元宝镇外,巡防营驻地。
王昆花十万两买下“混成旅”的编制后,这里的营盘扩大了三倍。
大旱之年招来的难民,加上收编的土匪,队伍拉到了几千号人。
朱开山揣着手,站在军营大门外一百多步的地方。
他本以为,凭着自己当年在老金沟当总把头的面子。
这军营里有不少以前矿上的熟人,跟门口的哨兵攀两句老乡,塞点烟土钱,就能溜进去把儿子领出来。
他想错了。
军营大门外,拉着两道带刺的铁丝网。
四个哨兵端着上了刺刀的毛瑟步枪,像泥雕木塑一样站得笔直。
眼神里透着股见过血的狼性。
根本不搭理他的套近乎。
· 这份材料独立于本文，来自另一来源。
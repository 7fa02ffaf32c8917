-- ===== src/Remote/SshMonitor/Steps.antt =====
-- What resumes the loops of remote/sshProcess.ts, in any order.
use vscode_coder.Base.{ℕ, ◌*◌, min, Option, none, some, List, [], ◌∷◌, String, get_elem?, remove_at}
use vscode_coder.Remote.SshMonitor.{
  Options, Task, finding, find_delay, reading_logs, logs_delay, reading_info, info_delay, Monitor,
  discover_loop, log_loop, info_loop, looked_up, logs_read, Info, info_read, dispose,
}

pub data Outcome : Type 0 where
  -- findSshProcessByPort
  process_looked_up : (pid port : Option ℕ) → Outcome
  directory_read : (path : Option String) → Outcome
  info_checked : Info → Outcome
  delay_over : Outcome

-- A task that has been taken off the list, with how its await ends; none where it cannot end so.
unfoldable pub settle : Options → (now : ℕ) → Task → Outcome → Monitor → Option Monitor
settle o now (finding attempts backoff last) (process_looked_up pid port) m =
    some (looked_up o now attempts backoff last pid port m)
settle o now (find_delay attempts backoff last) delay_over m =
    some (discover_loop attempts (min (backoff * 2) o.max_backoff) last m)
settle o now (reading_logs target backoff) (directory_read path) m =
    some (logs_read target backoff path m)
settle o now (logs_delay target backoff) delay_over m =
    some (log_loop target (min (backoff * 2) o.max_backoff) m)
settle o now (reading_info failures pid) (info_checked info) m =
    some (info_read o now failures info m)
settle o now (info_delay failures) delay_over m = some (info_loop failures m)
settle o now _ _ m = none

pub data Event : Type 0 where
  task_settled : (now i : ℕ) → Outcome → Event
  dispose_called : (now : ℕ) → Event

abbrev pub keep : Monitor → Option Monitor → Monitor
keep m none = m
keep m (some n) = n

unfoldable pub settle_at : Options → (now i : ℕ) → Outcome → Option Task → Monitor → Monitor
settle_at o now i outcome none m = m
settle_at o now i outcome (some task) m =
    keep m (settle o now task outcome (record m { tasks = remove_at m.tasks i }))

unfoldable pub step : Options → Event → Monitor → Monitor
step o (task_settled now i outcome) m = settle_at o now i outcome (get_elem? m.tasks i) m
step o (dispose_called now) m = dispose now m

unfoldable pub run : Options → Monitor → List Event → Monitor
run o m [] = m
run o m (e ∷ es) = run o (step o e m) es
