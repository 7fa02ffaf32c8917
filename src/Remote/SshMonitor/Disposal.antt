-- ===== src/Remote/SshMonitor/Disposal.antt =====
-- What the loops of remote/sshProcess.ts still do once the monitor is disposed.
use vscode_coder.Base.{
  ℕ, zero, suc, ◌+◌, ◌≡◌, refl, sym, ap, subst, true, Option, none, some, List, [], ◌∷◌, length,
  get_elem?, remove_at, arith,
}
use vscode_coder.Remote.SshMonitor.{
  Options, Task, finding, find_delay, reading_logs, logs_delay, reading_info, info_delay, Monitor,
  discover_loop, search_for_process, log_loop, info_loop, process_found, find_again, looked_up,
  logs_read, info_wait, mark_lost, show_info, lose_process, Info, info_failed, info_read, dispose,
  mark_lost, show_info,
}
use vscode_coder.Remote.SshMonitor.Steps.{
  Outcome, process_looked_up, directory_read, info_checked, delay_over, settle, Event, task_settled,
  dispose_called, keep, settle_at, step, run,
}

abbrev pub one_if_some : Option Monitor → ℕ
one_if_some none = 0
one_if_some (some m) = 1

-- whether an event resumes a task
abbrev pub resumes_at : Options → (now : ℕ) → Outcome → Option Task → Monitor → ℕ
resumes_at o now outcome none m = 0
resumes_at o now outcome (some t) m = one_if_some (settle o now t outcome m)

-- How many of the events resume a task.
abbrev pub resumed : Options → Monitor → List Event → ℕ
resumed o m [] = 0
resumed o m (task_settled now i outcome ∷ es) =
    resumes_at o now outcome (get_elem? m.tasks i) (record m { tasks = remove_at m.tasks i })
    + resumed o (step o (task_settled now i outcome) m) es
resumed o m (dispose_called now ∷ es) = resumed o (step o (dispose_called now) m) es

-- From the first monitor on, which was disposed, no loop has gone on.
pub record Ended (first m : Monitor) : Type 0 where
  pub still_disposed : m.is_disposed ≡ true
  pub pid : m.current_pid ≡ first.current_pid
  pub pid_changes : m.pid_changes ≡ first.pid_changes
  pub log_changes : m.log_changes ≡ first.log_changes

record Ends (m n : Monitor) : Type 0 where
  ended : Ended m n
  tasks : n.tasks ≡ m.tasks

-- one loop, resumed, ends
looked_up-Ends :
    (o : Options) (now attempts backoff : ℕ) (last pid port : Option ℕ) (m : Monitor)
    → m.is_disposed ≡ true
    → Ends m (looked_up o now attempts backoff last pid port m)
unfolding looked_up process_found find_again
looked_up-Ends o now attempts backoff last pid port m h = ground arith

info_read-Ends :
    (o : Options) (now failures : ℕ) (info : Info) (m : Monitor)
    → m.is_disposed ≡ true
    → Ends m (info_read o now failures info m)
unfolding info_read info_failed lose_process search_for_process discover_loop info_wait mark_lost
    show_info
info_read-Ends o now failures info m h = ground arith

abbrev All-Ends : Monitor → Option Monitor → Type 0
All-Ends m none = Unit
All-Ends m (some n) = Ends m n

settle-Ends :
    (o : Options) (now : ℕ) (t : Task) (outcome : Outcome) (m : Monitor)
    → m.is_disposed ≡ true
    → All-Ends m (settle o now t outcome m)
unfolding settle discover_loop logs_read log_loop info_loop
settle-Ends o now (finding attempts backoff last) (process_looked_up pid port) m h =
    looked_up-Ends o now attempts backoff last pid port m h
settle-Ends o now (find_delay attempts backoff last) delay_over m h = ground arith
settle-Ends o now (reading_logs target backoff) (directory_read path) m h = ground arith
settle-Ends o now (logs_delay target backoff) delay_over m h = ground arith
settle-Ends o now (reading_info failures pid) (info_checked info) m h =
    info_read-Ends o now failures info m h
settle-Ends o now (info_delay failures) delay_over m h = ground arith
settle-Ends o now _ _ m h = tt

length-remove_at :
    (ts : List Task) (i : ℕ) (t : Task)
    → get_elem? ts i ≡ some t
    → length ts ≡ suc (length (remove_at ts i))
length-remove_at [] i t h = cc
length-remove_at (s ∷ ts) zero t h = refl
length-remove_at (s ∷ ts) (suc i) t h = ap suc (length-remove_at ts i t h)

Ended-refl : (m : Monitor) → m.is_disposed ≡ true → Ended m m
Ended-refl m h = ground arith

Ended-trans : (first m n : Monitor) → Ended first m → Ended m n → Ended first n
Ended-trans first m n a b = ground arith

-- a task that ended, or that could not end so
keep-Ended :
    (m t : Monitor) (n : Option Monitor)
    → m.is_disposed ≡ true
    → Ended m t
    → length m.tasks ≡ suc (length t.tasks)
    → All-Ends t n
    → Ended m (keep m n) × (length (keep m n).tasks + one_if_some n ≡ length m.tasks)
keep-Ended m t none h e l w = (Ended-refl m h, omega arith)
keep-Ended m t (some n) h e l w = (Ended-trans m t n e w.ended, ground arith)

settle_at-Ended :
    (o : Options) (now i : ℕ) (outcome : Outcome) (t : Option Task) (m : Monitor)
    → get_elem? m.tasks i ≡ t
    → m.is_disposed ≡ true
    → let n = settle_at o now i outcome t m in
      Ended m n
      × (length n.tasks + resumes_at o now outcome t (record m { tasks = remove_at m.tasks i })
          ≡ length m.tasks)
unfolding settle_at
settle_at-Ended o now i outcome none m at_i h = (Ended-refl m h, omega arith)
settle_at-Ended o now i outcome (some t) m at_i h =
    keep-Ended m (record m { tasks = remove_at m.tasks i }) _ h (ground arith)
      (length-remove_at m.tasks i t at_i) (settle-Ends o now t outcome _ h)

dispose-same : (now : ℕ) (m : Monitor) → m.is_disposed ≡ true → dispose now m ≡ m
unfolding dispose
dispose-same now m h = rw h refl

-- Once the monitor is disposed, whatever resumes its loops, in any order: it stays disposed, its
-- process is not changed, neither emitter fires, and every loop that is resumed ends without another
-- wait, so that the loops left are those that were not resumed yet.
pub disposed-Ended :
    (o : Options) (es : List Event) (m : Monitor)
    → m.is_disposed ≡ true
    → Ended m (run o m es) × (length (run o m es).tasks + resumed o m es ≡ length m.tasks)
unfolding run step
disposed-Ended o [] m h = (Ended-refl m h, omega arith)
disposed-Ended o (task_settled now i outcome ∷ es) m h =
    let once = settle_at-Ended o now i outcome (get_elem? m.tasks i) m refl h in
    let later = disposed-Ended o es _ once.0.still_disposed in
    (Ended-trans m _ _ once.0 later.0, omega (arith, once.1, later.1))
disposed-Ended o (dispose_called now ∷ es) m h =
    subst
      (λ n. Ended m (run o n es) × (length (run o n es).tasks + resumed o n es ≡ length m.tasks))
      (sym (dispose-same now m h)) (disposed-Ended o es m h)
谁敢靠近警戒线,直接拉枪栓警告。
军有军法,这不是草台班子的胡子窝了。
朱开山只能踮起脚尖,透过铁丝网的缝隙往操场里看。
这一看,他倒吸了一口凉气。
操场上几千号新兵,正在泥水里练习端枪突刺。
杀声震天。
最让他震惊的是,这些当兵的竟然没有一个人留辫子!
包括那些骑在马上的军官,全特么是清一色的青皮光头!
这是王昆当上旅长后下的死命令。
全军剪辫,抹除奴性!
换上统一的军服,彻底大清划清界限。
穷乡僻壤的,王昆干的如此出格,朝廷也不想有个说法。
可是小站练兵就是这样,掌控力下降,就这么装聋作哑了。
人群中。
朱开山一眼认出了自己的二儿子。
传武也剃了个瓦亮的光头,浑身是泥。手里端着一把木头做的训练枪,正跟对面的新兵嗷嗷叫着拼刺刀。
动作凶狠,招招搏命。
朱开山贴在铁丝网上。本以为这小兔崽子吃不了军营的苦,会满脸苦相地求他带自己回家。
结果,他隔着铁丝网和传武对视了一眼。
传武的眼神锐利得像头狼崽子。得意洋洋,满脸都是找对人生方向的意气风发。压根没有半点想回放牛沟种地的意思。
朱开山叹了口气,知道儿子这头是说不通了。
进不去军营,他只能转身去了镇中心的王府。
王府的门房也是戒备森严,但好在朱开山的面子在这里还有点用,碰巧遇到正要出门办事的张二狗。
二狗念着当年旧情,进去通报了一声。
半个时辰后,朱开山被带进了会客厅。
王昆穿着一身没挂军衔的西装。靠在沙发上,手里端着一杯红酒。两个漂亮的丫鬟正在马杀鸡!
“王旅长。”
朱开山目不斜视,姿态放得极低。双手抱拳,深深鞠了一躬。
“老朱啊,坐吧。”
王昆指了指对面的椅子,“不在放牛沟当你的土财主,跑这儿来找我干啥?”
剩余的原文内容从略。